Mr Hes’s score was included in March this year, wasn’t it?---The exact date that Mr Mustafa updated that, not sure, but February/March, yes, around about that.

Mr Mustafa updated it, didn’t he, by putting in figures that you directed him to put in, in respect of Mr Hes?---No. No. There was no – there was no blanket direction. There was a discussion with Mr Mustafa.

So you had a discussion with Mr Mustafa about Mr Hes and you determined, what, that Mr Hes would receive certain scores for the relevant criteria under this document?---What was the question?

I will ask the question again. Is your evidence now that you and Mr Mustafa had a discussion about Mr Hes and performed an evaluation of him?---Correct.

And, sir, it’s the case, isn’t it, that that is just a nonsense?---Why would you say that’s a nonsense? It’s not a nonsense.

Mr Mustafa was told by you to insert the scores for Mr Hes onto this document?---No.

And he was told by you to do that in March this year?---No.
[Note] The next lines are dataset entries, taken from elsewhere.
-- ===== src/Wire/Writer.antt =====
-- What the put functions append to a message, when they fit and that they stay within its memory.
use native.Mathlib.Nat.{pow-suc}
use native_pipe.Base.{
  ℕ, zero, suc, ◌+◌, ◌*◌, ◌^◌, ◌≤◌, ◌≡◌, refl, ◌∙◌, ap, Bool, true, false, ◌&&◌, some, List, ◌++◌,
  ltb, leb, ◌==◌, if◌then◌else◌, length, length-append, arith, Bool-cases, inl, inr, ◌⊎◌,
  append_assoc,
}
use native_pipe.Wire.{Message, message_max, double_cap, reserve, append}

double_cap-enough :
    (fuel cap needed : ℕ)
    → needed ≤ message_max
    → needed ≤ cap * 2 ^ fuel
    → (c : ℕ) × (double_cap fuel cap needed ≡ some c) × (needed ≤ c)
unfolding double_cap
double_cap-enough zero cap needed h k = (cap, refl, omega arith)
double_cap-enough (suc fuel) cap needed h k =
    let twice : cap * 2 ^ suc fuel ≡ cap * 2 * 2 ^ fuel = simp pow-suc (grind arith) in
    let (c, e, l) = double_cap-enough fuel (cap * 2) needed h (omega (arith, twice)) in
    elim (Bool-cases (ltb cap needed)) [
      | inl more ↦ (c, ground (arith, e), l)
      | inr enough ↦ (cap, ground arith, ground arith)
    ]

-- The allocator always gives memory.
abbrev pub Gives : (ℕ → Bool) → Type 0
Gives realloc = (n : ℕ) → realloc n ≡ true

-- What reserve did: there is room for the bytes, or the message is not ok.
abbrev HasRoom : Message → ℕ → Message × Bool → Type 0
HasRoom m count r =
    (r.1 ≡ true)
    × (m.ok ≡ true)
    × (r.0.ok ≡ true)
    × (r.0.bytes ≡ m.bytes)
    × (length m.bytes + count ≤ r.0.cap)
    × (length m.bytes + count ≤ message_max)

abbrev HasNone : (ℕ → Bool) → Message → ℕ → Message × Bool → Type 0
HasNone realloc m count r =
    (r.1 ≡ false)
    × (r.0.ok ≡ false)
    × (r.0.bytes ≡ m.bytes)
    × (r.0.cap ≡ m.cap)
    × (Gives realloc → (m.ok && leb (length m.bytes + count) message_max) ≡ false)

-- `m'` is `m` after bytes were put, or is not ok. It stays in its memory, and with memory for all it is ok
-- if and only if the message is not too long.
pub record Wrote (realloc : ℕ → Bool) (m : Message) (bs : List ℕ) (m' : Message) : Type 0 where
  pub sound : m'.ok ≡ true → (m.ok ≡ true) × (m'.bytes ≡ m.bytes ++ bs)
  pub room : length m.bytes ≤ m.cap → length m'.bytes ≤ m'.cap
  pub short : length m'.bytes ≤ message_max
  pub exact : Gives realloc → m'.ok ≡ (m.ok && leb (length m.bytes + length bs) message_max)

abbrev pub IsShort : Message → Type 0
IsShort m = length m.bytes ≤ message_max

module _ (realloc : ℕ → Bool) where
  reserve-room :
      (m : Message) (count : ℕ)
      → IsShort m
      → count ≤ 2 ^ 32
      → HasRoom m count (reserve realloc m count)
        ⊎ HasNone realloc m count (reserve realloc m count)
  unfolding reserve
  reserve-room m count h k =
      let first : ℕ = if m.cap == 0 then 128 else m.cap in
      let needed = length m.bytes + count in
      elim (Bool-cases m.ok) [
        | inr bad ↦ inr (ground (arith, bad))
        | inl good ↦ elim (Bool-cases (leb needed message_max)) [
          | inr long ↦ inr (ground (arith, good, long))
          | inl fits ↦
              let (c, e, l) = double_cap-enough 64 first needed (ground arith) (ground arith) in
              elim (Bool-cases (leb needed m.cap)) [
                | inl there ↦ inl (ground (arith, good, fits, there))
                | inr more ↦ elim (Bool-cases (realloc c)) [
                  | inl given ↦ inl (ground (arith, good, fits, more, e, l, given))
                  | inr kept ↦
                      let none_given : ((reserve realloc m count).1 ≡ false)
                          × ((reserve realloc m count).0 ≡ record m { ok = false }) =
                        ground (arith, good, fits, more, e, kept) in
                      inr (
                        none_given.0,
                        ap (λ t. t.ok) none_given.1,
                        ap (λ t. t.bytes) none_given.1,
                        ap (λ t. t.cap) none_given.1,
                        (λ g. ground (arith, g c, kept)),
                      )
                ]
              ]
        ]
      ]

  pub append-Wrote :
      (m : Message) (bs : List ℕ)
      → IsShort m
      → length bs ≤ 2 ^ 32
      → Wrote realloc m bs (append realloc m bs)
  unfolding append
  append-Wrote m bs h k = elim (reserve-room m (length bs) h k) [
    | inl ready ↦ ground (arith, ready, length-append m.bytes bs)
    | inr refused ↦ record {
      sound = λ e. ground (arith, refused);
      room = λ r. ground (arith, refused);
      short = ground (arith, refused);
      exact = λ g. ground (arith, refused, refused.4 g);
    }
  ]

  pub Wrote-trans :
      (m m1 m2 : Message) (xs ys : List ℕ)
      → Wrote realloc m xs m1
      → Wrote realloc m1 ys m2
      → Wrote realloc m (xs ++ ys) m2
  Wrote-trans m m1 m2 xs ys h k = elim (Bool-cases m1.ok) [
    | inl good ↦
        let there = (h.sound good).1 in
        let l1 : length m1.bytes ≡ length m.bytes + length xs =
          ap length there ∙ length-append m.bytes xs in
        record {
          sound = λ e. (
            (h.sound good).0,
            (k.sound e).1 ∙ ap (λ t. t ++ ys) there ∙ append_assoc m.bytes xs ys,
          );
          room = λ r. k.room (h.room r);
          short = k.short;
          exact = λ g. ground (arith, good, h.exact g, k.exact g, l1, length-append xs ys);
        }
    | inr bad ↦ record {
      sound = λ e. ground (arith, bad, k.sound e);
      room = λ r. k.room (h.room r);
      short = k.short;
      exact = λ g. ground (arith, bad, h.exact g, k.exact g, length-append xs ys);
    }
  ]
And Mr Mustafa never participated in any evaluation of Mr Hes. Correct?---No, he absolutely did.

So it was just you and Mr Mustafa, was it?---Mr Hughan retrospectively reviewed it and agreed with it.

When you say “retrospectively”, when? Retrospective to what?---Well, after – after Mr – after the evaluation spreadsheet was updated to include a score for Mr Hes -

And can I just stop you there. When was that? When do you say that happened?---I’m agreeing with you that it must have been around February/March.

Well, I didn’t suggest February, sir, I suggested March?---Well, in that – in that timeframe, that – with consultation with Mr Mustafa, who, I will remind you, created this evaluation and will remind you that it was Mr Mustafa that effectively demoted Mr Hes, so that he brought up that Mr Hes now needed to be included in the score – included in the evaluation. So, after Mr Mustafa provided evaluations and consulted with me in regards to that evaluation, we – we printed it. If I back up for a minute, we went to Mr Mustafa’s laptop or computer. He popped up the spreadsheet, spent some time looking at each category. We probably spent half an hour on it. I left him with it. He completed it. I came back. He – I said yes. It seems – seems okay by me. Printed it. Bounced it off Mr Hughan at some point during the day, or the day after, or within a week or so, and he – he also was happy with the – with the overall score.

And that’s in respect to Mr Hes? Is that your evidence?---Yes.

Just in respect to Mr Hes?---Well, he was – Mr – the – the other – yes, it was – it was -

Because everyone else was done, weren’t they, according to you?---No. No, Mr Glen Evans -

I see?--- - would have been there originally. I – I think you noted that a moment ago. But he was no longer employed -

Well, I wasn’t clear in my question. Every other employee on this sheet had had a score attributed to them at the time you and – you say you and Mr Mustafa and Mr Hughan were engaged in evaluating Mr Hes?---Except for Matt [Hughan].

And Mr Hughan’s name is there and he doesn’t have a score, does he?---That’s correct.

All right. Sir, why didn’t you ask Mr Mustafa, or put to Mr Mustafa any of these points when you were cross examining him yesterday about how you say this document came about?---I believe I addressed the document with Mr Mustafa in regards to its authenticity and if I – if I did myself a disservice to proceed with further discussions, but I – I – I believe we – we – well, if we discussed the score and it was his score and – and it’s not a direction -

That it was a collaborative effort, according to you?---Well, it was absolutely a collaborative effort.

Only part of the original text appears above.